Automated, per-endpoint mTLS

Status
accepted
Owner
@Namanl2001

Automated, per-endpoint mTLS

What

The Thanos Querier component supports basic mTLS configuration for internal gRPC communication. This works great for basic use cases but it still requires extra forward proxies to make it work for bigger deployments. It’s also hard to rotate certificates automatically and configure safe mTLS. This proposal aims to allow a better TLS story.

Why

Let’s imagine we have an Observer Cluster that is hosting Thanos Querier along with Thanos Store Gateway. In the same cluster we also have one or more Thanos Sidecars that we would like to connect to, within the cluster.

However, let’s say we also need to connect the observer cluster’s querier to several remote instances of Thanos Sidecar in remote clusters. Ideally, we want to use mTLS to encrypt the connection to the remote clusters, but we don’t want to use it within the cluster. Mutual TLS (mTLS) ensures that traffic is both secure and trusted in both directions between a client and server.

In this scenario we need to use a proxy server (e.g. envoy). But, it would probably be simpler to do away with the proxies and let Thanos speak directly and securely with the remote endpoints.

Pitfalls of the current solution

If we would enable the current mTLS, it would be applied to all the storeAPI’s but we don’t want it to be applied on the storeAPI’s of central Thanos instance (Observer cluster) in which Thanos query component is present (for faster communications with storeAPI’s (sidecars) of same cluster, to reduce the pain of provisioning certificates etc.)

So it requires extra forward proxies to make it work for bigger (multi-cluster) deployments. Also currently there is no support for automatic client rotation in thanos.

Goals

  • To add support for per-endpoint TLS configuration in Thanos Query Component for internal gRPC communication
  • Automatic certificate rotation without restart

Non-Goals

  • TLS client support for HTTP
  • TLS for gRPC clients other than Querier

How

I would propose introducing a new CLI option --endpoints.config, with no dynamic reloading, which will accept the path to a yaml file which contains a list as follows:

- tls_config:
    cert_file: ""
    key_file: ""
    ca_file: ""
    server_name: ""
  endpoints: []
  endpoints_sd_files:
    - files: []
  mode: ""

The endpoints in the list items with no TLS config would be considered insecure. Further endpoints supplied via separate flags (e.g. --endpoint, --endpoint.strict, --endpoint.sd-files (previous --store.strict, --store.sd-files)) will be considered secure only if TLS config is provided through --secure, --cert, --key, --caCert, --serverName cli options. User will only be allowed to use separate options or --endpoints.config.
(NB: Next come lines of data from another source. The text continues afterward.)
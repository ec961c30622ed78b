-- ===== src/Tests/Activity.antt =====
-- The account's view of its ledger (backend/apps/wallet/activity.py).
use shortform_streaming.Prelude.{none}
use shortform_streaming.Prelude.Int.{pos}
use shortform_streaming.Model.{Kind}
use shortform_streaming.Wallet.Activity.{WalletActivityEntry}

abbrev line : WalletActivityEntry
line = record {
  id = 1;
  kind = Kind.purchase;
  amount = pos 20;
  balance_after = pos 20;
  created_at = 0;
  episode_id = none;
  episode_title = none;
}
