-- ===== src/Tests/Editing.antt =====
-- A series to publish, a viewer who resumes and one who signs in (backend/apps/catalog,
-- backend/apps/progress and backend/apps/accounts).
use shortform_streaming.Model.{Subject}
use shortform_streaming.Prelude.{
  has_text, matches_nonspace, ◌≡◌, ◌≤◌, refl, false, some, [], ◌∷◌, All, length,
}
use shortform_streaming.Model.{UserProfile, Store, ok, ◌>>=◌}
use shortform_streaming.Accounts.{RawUid, get_or_create_profile, current_profile, is_deleted}
use shortform_streaming.Accounts.SigningIn.{get_or_create_profile-current_profile}
use shortform_streaming.Catalog.Eligibility.{in_eligible_series_queryset}
use shortform_streaming.Catalog.Publication.{is_accepted, series_clean}
use shortform_streaming.Catalog.Publication.Gates.{AreReadAlike, series_clean-eq-query}
use shortform_streaming.Progress.Continue.{ProgressRow, list_continue_watching}
use shortform_streaming.Progress.Continue.Offered.{IsOffered, list_continue_watching-IsOffered}
use shortform_streaming.Tests.World.{environment, settings, series, db}

texts_alike : AreReadAlike db.regex_space series
unfolding has_text matches_nonspace
texts_alike = record {
  provenance = λ own. refl;
  title = refl;
  synopsis = refl;
  translations = λ t m. elim m [ ];
}

series_clean-eq-query_example :
    is_accepted (series_clean settings db 7 series)
    ≡ in_eligible_series_queryset settings db 7 series
series_clean-eq-query_example = series_clean-eq-query settings db 7 series refl texts_alike

abbrev watched : ProgressRow
watched = record {
  pk = 1;
  progress = record {
    subject = Subject.user 1;
    episode = 1;
    position_seconds = 30;
    completed = false;
    updated_at = 5;
  };
}

list_continue_watching-IsOffered_example :
    (length (list_continue_watching settings (λ e. e.order) db 7 (Subject.user 1) (watched ∷ []))
      ≤ 8)
    × All
        (IsOffered settings db 7)
        (list_continue_watching settings (λ e. e.order) db 7 (Subject.user 1) (watched ∷ []))
list_continue_watching-IsOffered_example =
    list_continue_watching-IsOffered settings (λ e. e.order) db 7 (Subject.user 1) (watched ∷ [])

abbrev visitor : RawUid
visitor = record { stripped_length = 5; uid = 77 }

abbrev newcomer : UserProfile
newcomer = record { pk = 1000; firebase_uid = 77; ads_consent = false }

abbrev welcomed : Store
welcomed = record db { profiles = newcomer ∷ db.profiles; next_id = 1001 }

signed : get_or_create_profile environment visitor db ≡ ok newcomer welcomed
unfolding get_or_create_profile ◌>>=◌
signed = refl

get_or_create_profile-current_profile_example :
    (current_profile environment newcomer welcomed ≡ some newcomer)
    × (newcomer.firebase_uid ≡ visitor.uid)
    × (is_deleted environment 77 db ≡ false)
get_or_create_profile-current_profile_example =
    get_or_create_profile-current_profile environment visitor db welcomed newcomer signed
      (λ q known. absurd (cc known))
If the mode is strict (i.e. mode: ”strict”) then all the endpoints in that list item will be considered as strict (statically configured store API servers that are always used, even if the health check fails, as supplied in --endpoint.strict). And if there is no mode specified (i.e mode: “”) then all endpoints in that item will be considered normal.

Automatic cert-rotation: for this all the things are managed by the cert manager in the k8s cluster, we just need to redo the TLS handshake when the certificates are rotated by the cert-manager. And for this I would propose to add a new --grpc-server-max-connection-age CLI option which takes time as input and controls how often to re-do the tls handshake and re-read the certificates. This in reality is controlled by the keepalive’s MaxConnectionAge option (which will close the connection after every (e.g. 15m) inputted time duration) so when the connection is closed it requires a new tls handshake.

While reading the cert_file on each handshake we can improve the performance by keeping track of it’s modification time. We should re-load the certificates only if they are actually rotated and there is some change in their modification time otherwise returning the previously stored one. Also if the file is not modified recently then it could be found on the cache memory and it would be faster to get the file details (i.e. modification time).

Alternatives

  • Try to close connection only when things are actually changed, not based on time. But this is not a general approach and needs some research to figure out if this is possible in go.
  • Another alternative here is having one querier per-certificate realm - meaning one querier for your internal no-mTLS sidecars, and one querier for your clusters that share a root CA.
    • No changes to TLS configuration required.
    • Number of queriers is required to scale with the number of certificates / shared root CAs.
    • Complex scenarios when we need to scale out number of replicas multiples per certificate.

Action Plan

  • Implement --endpoint.config.
  • Implement gRPC certificate rotation as designed.
  • Add e2e tests for above changes.
  • We would remove the support for separate CLI options --secure, --cert, --key, --caCert, --serverName after few releases. As they are already covered in --endpoint-config.